■ What is expected ■
From the data below, copy exactly the lines that lie between the one holding "drop_last-append : (xs" and the one holding "a wildcard match", including both, and nothing more.

(Collected data)
━━━━━━━━━━━━━━━━━━━━━━━━━━━━━━
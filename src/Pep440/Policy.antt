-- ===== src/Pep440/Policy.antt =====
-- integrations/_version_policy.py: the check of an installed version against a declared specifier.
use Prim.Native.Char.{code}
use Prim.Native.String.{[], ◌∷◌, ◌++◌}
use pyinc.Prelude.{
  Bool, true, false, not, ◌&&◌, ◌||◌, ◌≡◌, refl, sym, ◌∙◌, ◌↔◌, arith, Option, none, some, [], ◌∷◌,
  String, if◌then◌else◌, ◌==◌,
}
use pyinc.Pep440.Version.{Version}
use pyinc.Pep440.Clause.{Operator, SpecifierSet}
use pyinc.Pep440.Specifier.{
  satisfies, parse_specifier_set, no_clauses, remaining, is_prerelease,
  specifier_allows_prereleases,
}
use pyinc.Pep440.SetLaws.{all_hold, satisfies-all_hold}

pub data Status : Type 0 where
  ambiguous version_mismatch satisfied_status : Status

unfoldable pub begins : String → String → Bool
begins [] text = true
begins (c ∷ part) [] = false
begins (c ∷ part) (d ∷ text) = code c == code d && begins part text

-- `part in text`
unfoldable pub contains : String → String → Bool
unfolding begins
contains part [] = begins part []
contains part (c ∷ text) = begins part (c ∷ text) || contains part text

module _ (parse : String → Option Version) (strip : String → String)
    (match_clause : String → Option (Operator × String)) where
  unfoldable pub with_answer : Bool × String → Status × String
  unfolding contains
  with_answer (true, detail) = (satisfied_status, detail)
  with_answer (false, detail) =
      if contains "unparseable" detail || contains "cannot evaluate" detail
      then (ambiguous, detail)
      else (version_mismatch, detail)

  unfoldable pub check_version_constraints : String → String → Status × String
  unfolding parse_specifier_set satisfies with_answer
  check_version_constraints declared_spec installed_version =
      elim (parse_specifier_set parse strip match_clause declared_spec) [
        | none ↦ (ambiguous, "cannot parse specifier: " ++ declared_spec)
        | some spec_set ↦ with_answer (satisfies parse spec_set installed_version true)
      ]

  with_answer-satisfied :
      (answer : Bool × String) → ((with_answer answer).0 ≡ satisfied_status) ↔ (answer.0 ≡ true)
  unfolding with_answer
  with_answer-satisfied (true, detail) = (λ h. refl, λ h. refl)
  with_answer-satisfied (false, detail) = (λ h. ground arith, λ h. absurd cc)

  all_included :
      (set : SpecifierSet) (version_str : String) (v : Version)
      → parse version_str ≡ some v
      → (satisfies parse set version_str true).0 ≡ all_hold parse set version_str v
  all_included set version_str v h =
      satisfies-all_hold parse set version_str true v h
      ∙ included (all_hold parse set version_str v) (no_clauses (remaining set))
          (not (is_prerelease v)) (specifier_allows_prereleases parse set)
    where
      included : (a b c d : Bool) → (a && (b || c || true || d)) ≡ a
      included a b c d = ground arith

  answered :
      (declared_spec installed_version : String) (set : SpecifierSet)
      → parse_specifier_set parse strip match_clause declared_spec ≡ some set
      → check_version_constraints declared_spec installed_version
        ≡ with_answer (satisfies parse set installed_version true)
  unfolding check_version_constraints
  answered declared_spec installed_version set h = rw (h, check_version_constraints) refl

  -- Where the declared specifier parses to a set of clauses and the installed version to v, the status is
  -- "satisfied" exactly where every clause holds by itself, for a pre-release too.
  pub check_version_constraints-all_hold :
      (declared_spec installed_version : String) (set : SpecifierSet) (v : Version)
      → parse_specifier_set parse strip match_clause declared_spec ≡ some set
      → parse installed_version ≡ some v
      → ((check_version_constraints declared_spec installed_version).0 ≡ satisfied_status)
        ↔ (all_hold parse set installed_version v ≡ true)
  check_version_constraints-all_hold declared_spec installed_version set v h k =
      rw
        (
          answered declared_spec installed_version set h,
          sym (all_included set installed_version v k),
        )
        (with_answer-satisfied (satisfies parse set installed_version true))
━━━━━━━━━━━━━━━━━━━━━━━━━━━━━━
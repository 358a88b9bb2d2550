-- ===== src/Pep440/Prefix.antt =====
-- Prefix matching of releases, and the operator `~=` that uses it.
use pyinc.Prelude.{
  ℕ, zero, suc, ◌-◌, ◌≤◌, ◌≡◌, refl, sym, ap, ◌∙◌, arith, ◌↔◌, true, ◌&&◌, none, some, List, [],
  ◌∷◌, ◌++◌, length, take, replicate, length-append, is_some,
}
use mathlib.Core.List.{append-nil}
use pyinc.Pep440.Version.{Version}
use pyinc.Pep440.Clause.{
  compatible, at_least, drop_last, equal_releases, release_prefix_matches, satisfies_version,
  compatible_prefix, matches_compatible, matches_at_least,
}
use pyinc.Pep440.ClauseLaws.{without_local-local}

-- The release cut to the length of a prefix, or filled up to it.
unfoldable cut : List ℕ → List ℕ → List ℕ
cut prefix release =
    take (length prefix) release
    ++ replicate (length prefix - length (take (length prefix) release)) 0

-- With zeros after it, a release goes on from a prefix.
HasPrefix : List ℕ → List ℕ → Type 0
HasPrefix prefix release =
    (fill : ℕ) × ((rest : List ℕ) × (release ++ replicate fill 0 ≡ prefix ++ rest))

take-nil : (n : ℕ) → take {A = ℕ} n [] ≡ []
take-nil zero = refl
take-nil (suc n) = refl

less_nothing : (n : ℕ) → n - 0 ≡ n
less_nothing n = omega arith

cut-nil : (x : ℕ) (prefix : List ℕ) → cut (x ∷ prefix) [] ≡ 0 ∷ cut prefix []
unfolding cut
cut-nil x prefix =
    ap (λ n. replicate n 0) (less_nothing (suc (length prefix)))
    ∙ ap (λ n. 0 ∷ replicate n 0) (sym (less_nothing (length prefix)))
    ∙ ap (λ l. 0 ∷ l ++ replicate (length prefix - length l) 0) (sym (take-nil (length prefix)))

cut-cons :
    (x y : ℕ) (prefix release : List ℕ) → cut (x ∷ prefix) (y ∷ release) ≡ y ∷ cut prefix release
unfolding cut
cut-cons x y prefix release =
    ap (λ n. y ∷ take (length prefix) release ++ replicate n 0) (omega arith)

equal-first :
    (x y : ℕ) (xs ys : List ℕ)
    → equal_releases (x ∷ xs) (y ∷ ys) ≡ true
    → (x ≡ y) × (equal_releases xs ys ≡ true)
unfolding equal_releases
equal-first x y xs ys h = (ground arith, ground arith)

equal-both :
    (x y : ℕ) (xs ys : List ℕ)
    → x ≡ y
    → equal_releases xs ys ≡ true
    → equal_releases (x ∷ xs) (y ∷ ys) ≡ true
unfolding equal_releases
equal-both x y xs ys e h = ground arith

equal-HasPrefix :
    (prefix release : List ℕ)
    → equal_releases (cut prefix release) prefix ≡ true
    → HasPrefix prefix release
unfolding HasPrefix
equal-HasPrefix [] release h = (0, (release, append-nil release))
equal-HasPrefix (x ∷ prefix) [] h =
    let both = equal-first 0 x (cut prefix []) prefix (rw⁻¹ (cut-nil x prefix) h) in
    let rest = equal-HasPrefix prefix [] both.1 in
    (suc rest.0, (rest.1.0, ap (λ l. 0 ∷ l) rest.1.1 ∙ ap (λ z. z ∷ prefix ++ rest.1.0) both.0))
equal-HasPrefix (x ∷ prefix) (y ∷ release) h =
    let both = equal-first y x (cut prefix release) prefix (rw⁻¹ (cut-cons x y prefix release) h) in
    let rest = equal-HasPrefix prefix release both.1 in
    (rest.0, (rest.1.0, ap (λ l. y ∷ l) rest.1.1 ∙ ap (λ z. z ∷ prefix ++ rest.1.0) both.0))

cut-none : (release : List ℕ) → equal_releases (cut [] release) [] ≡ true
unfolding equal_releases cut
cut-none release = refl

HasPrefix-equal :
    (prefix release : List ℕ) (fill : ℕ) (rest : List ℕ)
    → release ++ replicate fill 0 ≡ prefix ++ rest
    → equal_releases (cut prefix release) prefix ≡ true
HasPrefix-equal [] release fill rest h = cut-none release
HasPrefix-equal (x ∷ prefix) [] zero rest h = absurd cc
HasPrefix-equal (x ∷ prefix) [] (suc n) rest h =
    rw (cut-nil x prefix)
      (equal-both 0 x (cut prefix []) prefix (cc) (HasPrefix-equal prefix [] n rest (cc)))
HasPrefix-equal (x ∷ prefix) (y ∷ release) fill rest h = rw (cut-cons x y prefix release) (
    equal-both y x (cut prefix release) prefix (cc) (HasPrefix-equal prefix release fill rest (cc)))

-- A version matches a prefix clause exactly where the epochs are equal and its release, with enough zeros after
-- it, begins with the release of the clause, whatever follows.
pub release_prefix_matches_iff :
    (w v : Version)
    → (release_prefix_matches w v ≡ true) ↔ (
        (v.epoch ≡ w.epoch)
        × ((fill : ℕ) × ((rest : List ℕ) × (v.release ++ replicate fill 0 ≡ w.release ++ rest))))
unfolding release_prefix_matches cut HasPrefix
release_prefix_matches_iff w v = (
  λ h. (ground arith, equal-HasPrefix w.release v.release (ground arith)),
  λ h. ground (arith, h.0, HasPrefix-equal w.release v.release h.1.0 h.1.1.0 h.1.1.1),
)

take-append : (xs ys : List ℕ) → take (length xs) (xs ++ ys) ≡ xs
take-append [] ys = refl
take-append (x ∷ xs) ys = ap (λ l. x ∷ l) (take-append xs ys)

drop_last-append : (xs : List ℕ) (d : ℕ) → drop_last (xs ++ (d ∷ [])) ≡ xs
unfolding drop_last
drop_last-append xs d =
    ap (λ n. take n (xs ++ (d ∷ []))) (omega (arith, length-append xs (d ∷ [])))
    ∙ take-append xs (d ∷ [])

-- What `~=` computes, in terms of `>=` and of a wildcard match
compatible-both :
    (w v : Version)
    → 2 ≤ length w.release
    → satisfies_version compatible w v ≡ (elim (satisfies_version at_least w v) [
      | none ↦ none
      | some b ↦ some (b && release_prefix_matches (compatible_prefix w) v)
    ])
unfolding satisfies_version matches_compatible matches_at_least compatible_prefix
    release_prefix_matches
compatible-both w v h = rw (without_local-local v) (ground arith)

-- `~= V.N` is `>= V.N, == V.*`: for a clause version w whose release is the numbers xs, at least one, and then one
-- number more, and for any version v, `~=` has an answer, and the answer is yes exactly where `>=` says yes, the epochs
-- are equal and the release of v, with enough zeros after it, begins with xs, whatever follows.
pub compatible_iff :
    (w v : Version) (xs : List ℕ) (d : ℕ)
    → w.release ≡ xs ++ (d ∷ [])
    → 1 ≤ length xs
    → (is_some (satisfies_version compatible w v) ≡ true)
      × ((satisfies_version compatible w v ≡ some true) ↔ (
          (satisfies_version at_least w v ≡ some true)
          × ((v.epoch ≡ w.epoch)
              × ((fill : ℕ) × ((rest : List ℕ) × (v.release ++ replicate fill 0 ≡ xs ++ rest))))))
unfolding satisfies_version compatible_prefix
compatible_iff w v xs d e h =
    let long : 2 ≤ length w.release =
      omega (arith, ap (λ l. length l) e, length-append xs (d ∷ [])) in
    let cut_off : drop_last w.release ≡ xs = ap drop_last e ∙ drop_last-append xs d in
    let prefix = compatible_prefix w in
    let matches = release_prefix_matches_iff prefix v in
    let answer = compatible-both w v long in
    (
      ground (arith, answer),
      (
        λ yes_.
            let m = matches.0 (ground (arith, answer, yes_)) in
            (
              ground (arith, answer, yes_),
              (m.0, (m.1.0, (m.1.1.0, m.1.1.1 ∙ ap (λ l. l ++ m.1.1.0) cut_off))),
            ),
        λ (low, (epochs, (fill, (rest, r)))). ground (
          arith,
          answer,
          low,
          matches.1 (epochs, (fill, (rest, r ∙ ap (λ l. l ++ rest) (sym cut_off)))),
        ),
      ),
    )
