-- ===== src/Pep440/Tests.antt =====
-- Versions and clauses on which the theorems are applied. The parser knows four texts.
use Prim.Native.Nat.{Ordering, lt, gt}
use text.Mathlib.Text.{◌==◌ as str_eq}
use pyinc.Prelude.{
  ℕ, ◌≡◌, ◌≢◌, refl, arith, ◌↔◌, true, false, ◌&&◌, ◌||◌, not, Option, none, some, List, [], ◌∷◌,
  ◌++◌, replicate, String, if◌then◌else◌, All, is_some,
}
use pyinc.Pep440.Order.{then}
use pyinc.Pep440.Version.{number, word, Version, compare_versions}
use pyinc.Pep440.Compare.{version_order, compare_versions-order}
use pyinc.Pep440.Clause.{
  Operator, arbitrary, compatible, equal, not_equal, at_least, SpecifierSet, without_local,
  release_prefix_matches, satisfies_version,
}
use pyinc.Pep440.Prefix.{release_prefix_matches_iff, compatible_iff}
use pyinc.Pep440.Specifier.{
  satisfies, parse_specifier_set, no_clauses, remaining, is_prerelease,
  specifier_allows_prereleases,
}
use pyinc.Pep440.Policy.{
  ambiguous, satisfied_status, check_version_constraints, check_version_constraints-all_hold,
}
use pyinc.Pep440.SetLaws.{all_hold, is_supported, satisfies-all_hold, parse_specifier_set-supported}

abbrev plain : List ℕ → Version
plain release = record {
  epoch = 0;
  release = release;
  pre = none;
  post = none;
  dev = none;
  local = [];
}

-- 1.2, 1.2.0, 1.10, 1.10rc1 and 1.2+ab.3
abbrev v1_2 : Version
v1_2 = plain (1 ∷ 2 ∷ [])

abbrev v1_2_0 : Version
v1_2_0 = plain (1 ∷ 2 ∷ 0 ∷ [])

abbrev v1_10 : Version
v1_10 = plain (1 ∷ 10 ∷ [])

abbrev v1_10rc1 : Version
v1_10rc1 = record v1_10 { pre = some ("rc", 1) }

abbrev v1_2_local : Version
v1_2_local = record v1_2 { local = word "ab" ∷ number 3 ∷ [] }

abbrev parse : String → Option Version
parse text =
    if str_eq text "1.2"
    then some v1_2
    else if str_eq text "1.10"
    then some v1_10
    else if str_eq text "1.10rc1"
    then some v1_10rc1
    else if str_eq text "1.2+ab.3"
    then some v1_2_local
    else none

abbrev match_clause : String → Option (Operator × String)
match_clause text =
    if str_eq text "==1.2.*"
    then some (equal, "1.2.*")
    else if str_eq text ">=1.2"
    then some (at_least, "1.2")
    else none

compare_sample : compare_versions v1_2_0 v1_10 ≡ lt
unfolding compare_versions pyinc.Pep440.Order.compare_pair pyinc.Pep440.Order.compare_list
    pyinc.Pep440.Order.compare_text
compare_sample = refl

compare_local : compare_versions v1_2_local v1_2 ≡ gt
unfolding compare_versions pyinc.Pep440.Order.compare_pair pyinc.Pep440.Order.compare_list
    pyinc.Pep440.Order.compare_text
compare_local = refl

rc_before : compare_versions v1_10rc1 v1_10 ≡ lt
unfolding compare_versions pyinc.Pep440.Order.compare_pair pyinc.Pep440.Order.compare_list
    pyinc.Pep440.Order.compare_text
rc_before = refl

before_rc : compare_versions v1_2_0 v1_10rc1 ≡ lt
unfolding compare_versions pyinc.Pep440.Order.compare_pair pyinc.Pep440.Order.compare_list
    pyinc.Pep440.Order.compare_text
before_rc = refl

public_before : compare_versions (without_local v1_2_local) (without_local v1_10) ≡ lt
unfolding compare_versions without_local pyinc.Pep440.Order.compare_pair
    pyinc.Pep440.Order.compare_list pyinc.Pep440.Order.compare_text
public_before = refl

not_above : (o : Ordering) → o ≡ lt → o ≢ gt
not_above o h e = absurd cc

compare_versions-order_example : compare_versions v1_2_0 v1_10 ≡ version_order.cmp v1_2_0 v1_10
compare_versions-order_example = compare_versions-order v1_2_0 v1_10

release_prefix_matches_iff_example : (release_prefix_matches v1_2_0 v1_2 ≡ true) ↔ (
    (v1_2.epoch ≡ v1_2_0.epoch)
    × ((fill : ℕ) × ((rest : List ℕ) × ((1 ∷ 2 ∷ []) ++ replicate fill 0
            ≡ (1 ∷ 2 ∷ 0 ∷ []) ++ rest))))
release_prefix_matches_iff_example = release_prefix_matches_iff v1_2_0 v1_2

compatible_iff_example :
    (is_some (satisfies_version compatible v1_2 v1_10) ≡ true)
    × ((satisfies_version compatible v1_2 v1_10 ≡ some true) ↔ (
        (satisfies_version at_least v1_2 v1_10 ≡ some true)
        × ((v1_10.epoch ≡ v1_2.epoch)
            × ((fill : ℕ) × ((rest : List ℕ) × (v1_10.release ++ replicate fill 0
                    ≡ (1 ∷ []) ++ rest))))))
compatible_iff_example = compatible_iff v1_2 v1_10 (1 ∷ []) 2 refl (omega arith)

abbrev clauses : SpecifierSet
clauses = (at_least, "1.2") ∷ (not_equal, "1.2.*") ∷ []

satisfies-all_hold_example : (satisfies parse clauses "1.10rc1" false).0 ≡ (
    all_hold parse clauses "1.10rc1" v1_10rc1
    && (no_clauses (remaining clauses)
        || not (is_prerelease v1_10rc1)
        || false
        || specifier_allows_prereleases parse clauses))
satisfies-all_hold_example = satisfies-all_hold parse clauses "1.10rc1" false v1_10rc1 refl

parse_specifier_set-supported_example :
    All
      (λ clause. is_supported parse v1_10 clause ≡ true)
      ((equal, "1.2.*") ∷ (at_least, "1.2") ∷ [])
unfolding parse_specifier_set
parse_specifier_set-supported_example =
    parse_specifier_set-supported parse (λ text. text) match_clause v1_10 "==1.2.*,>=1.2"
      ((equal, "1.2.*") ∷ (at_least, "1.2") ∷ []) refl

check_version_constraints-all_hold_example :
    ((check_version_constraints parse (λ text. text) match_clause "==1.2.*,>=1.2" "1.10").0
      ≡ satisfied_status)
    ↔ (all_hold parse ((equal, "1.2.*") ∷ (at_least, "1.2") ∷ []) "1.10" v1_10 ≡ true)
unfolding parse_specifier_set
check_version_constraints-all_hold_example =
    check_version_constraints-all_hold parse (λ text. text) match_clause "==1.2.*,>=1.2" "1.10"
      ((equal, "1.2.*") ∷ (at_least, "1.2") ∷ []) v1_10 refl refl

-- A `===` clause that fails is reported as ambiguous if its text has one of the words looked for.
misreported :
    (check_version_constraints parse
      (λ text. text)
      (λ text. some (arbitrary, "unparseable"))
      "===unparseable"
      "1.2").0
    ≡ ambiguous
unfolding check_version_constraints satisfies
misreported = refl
━━━━━━━━━━━━━━━━━━━━━━━━━━━━━━
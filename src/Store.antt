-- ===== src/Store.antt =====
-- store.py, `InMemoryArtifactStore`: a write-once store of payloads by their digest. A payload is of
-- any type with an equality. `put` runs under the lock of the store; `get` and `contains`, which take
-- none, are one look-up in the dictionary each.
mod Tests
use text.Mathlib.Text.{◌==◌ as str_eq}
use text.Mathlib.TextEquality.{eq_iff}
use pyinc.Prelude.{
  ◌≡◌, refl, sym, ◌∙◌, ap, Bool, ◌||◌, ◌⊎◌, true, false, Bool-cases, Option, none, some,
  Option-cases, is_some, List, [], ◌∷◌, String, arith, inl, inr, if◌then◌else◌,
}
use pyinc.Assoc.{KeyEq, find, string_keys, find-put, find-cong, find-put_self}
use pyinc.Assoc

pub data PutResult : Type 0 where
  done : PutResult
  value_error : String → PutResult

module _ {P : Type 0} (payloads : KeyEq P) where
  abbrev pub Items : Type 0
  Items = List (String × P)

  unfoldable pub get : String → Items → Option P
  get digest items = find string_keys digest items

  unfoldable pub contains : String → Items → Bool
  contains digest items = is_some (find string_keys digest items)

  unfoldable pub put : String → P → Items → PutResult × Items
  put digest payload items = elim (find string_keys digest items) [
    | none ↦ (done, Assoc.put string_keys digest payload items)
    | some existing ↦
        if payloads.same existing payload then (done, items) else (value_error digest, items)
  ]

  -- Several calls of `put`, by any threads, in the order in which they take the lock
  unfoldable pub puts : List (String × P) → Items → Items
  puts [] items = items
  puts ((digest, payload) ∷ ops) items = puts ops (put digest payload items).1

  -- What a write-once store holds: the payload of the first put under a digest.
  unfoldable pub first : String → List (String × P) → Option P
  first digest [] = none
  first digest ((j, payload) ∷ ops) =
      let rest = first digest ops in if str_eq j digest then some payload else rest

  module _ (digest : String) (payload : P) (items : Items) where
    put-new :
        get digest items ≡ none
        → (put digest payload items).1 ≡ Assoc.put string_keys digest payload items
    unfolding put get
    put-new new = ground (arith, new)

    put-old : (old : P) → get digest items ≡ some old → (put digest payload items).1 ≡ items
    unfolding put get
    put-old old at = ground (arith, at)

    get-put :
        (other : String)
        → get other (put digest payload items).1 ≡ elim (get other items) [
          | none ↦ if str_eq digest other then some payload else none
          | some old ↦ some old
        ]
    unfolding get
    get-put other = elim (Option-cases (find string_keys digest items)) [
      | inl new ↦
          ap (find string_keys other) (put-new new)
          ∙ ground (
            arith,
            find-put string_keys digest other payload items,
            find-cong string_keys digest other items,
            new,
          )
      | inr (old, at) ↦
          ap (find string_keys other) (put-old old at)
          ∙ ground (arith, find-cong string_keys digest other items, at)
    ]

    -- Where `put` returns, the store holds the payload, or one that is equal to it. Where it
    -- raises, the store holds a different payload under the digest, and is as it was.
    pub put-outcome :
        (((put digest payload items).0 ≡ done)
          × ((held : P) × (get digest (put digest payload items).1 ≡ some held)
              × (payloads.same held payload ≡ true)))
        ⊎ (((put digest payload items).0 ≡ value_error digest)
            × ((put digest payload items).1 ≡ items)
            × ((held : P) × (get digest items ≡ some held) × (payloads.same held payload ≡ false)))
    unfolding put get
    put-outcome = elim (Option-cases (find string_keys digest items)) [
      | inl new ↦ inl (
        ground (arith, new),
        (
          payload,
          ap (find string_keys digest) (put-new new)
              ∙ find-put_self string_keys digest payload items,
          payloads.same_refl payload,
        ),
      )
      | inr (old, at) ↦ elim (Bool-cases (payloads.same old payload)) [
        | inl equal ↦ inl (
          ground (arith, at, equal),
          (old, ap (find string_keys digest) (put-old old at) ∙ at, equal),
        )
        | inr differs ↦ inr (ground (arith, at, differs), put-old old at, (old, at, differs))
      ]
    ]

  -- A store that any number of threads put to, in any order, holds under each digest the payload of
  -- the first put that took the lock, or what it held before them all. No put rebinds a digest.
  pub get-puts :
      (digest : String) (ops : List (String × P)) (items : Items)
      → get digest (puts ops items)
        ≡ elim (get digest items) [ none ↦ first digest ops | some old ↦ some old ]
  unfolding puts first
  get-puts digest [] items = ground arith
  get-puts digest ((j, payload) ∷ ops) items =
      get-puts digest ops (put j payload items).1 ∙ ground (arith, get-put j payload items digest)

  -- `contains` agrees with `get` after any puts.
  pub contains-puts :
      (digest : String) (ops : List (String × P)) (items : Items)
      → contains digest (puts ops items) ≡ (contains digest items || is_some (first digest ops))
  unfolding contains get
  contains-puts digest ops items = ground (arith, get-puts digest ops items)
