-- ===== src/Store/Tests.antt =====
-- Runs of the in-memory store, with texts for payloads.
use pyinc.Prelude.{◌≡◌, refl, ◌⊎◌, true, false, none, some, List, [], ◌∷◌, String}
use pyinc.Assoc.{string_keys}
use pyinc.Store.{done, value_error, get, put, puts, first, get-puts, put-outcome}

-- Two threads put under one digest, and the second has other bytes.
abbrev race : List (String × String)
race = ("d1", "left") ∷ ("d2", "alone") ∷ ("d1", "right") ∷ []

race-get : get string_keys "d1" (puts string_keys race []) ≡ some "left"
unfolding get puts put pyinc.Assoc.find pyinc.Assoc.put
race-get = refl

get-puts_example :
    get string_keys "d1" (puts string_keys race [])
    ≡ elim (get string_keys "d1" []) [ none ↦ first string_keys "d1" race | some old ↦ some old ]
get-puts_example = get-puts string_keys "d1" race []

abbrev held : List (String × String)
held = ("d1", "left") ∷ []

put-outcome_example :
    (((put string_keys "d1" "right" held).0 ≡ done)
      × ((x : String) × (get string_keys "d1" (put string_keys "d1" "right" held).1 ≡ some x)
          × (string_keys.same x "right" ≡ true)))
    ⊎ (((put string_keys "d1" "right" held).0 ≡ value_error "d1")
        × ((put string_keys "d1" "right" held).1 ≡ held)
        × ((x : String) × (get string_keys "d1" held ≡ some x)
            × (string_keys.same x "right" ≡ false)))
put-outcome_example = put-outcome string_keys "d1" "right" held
━━━━━━━━━━━━━━━━━━━━━━━━━━━━━━
■ Response below ■
drop_last-append : (xs : List ℕ) (d : ℕ) → drop_last (xs ++ (d ∷ [])) ≡ xs
unfolding drop_last
drop_last-append xs d =
    ap (λ n. take n (xs ++ (d ∷ []))) (omega (arith, length-append xs (d ∷ [])))
    ∙ take-append xs (d ∷ [])

-- What `~=` computes, in terms of `>=` and of a wildcard match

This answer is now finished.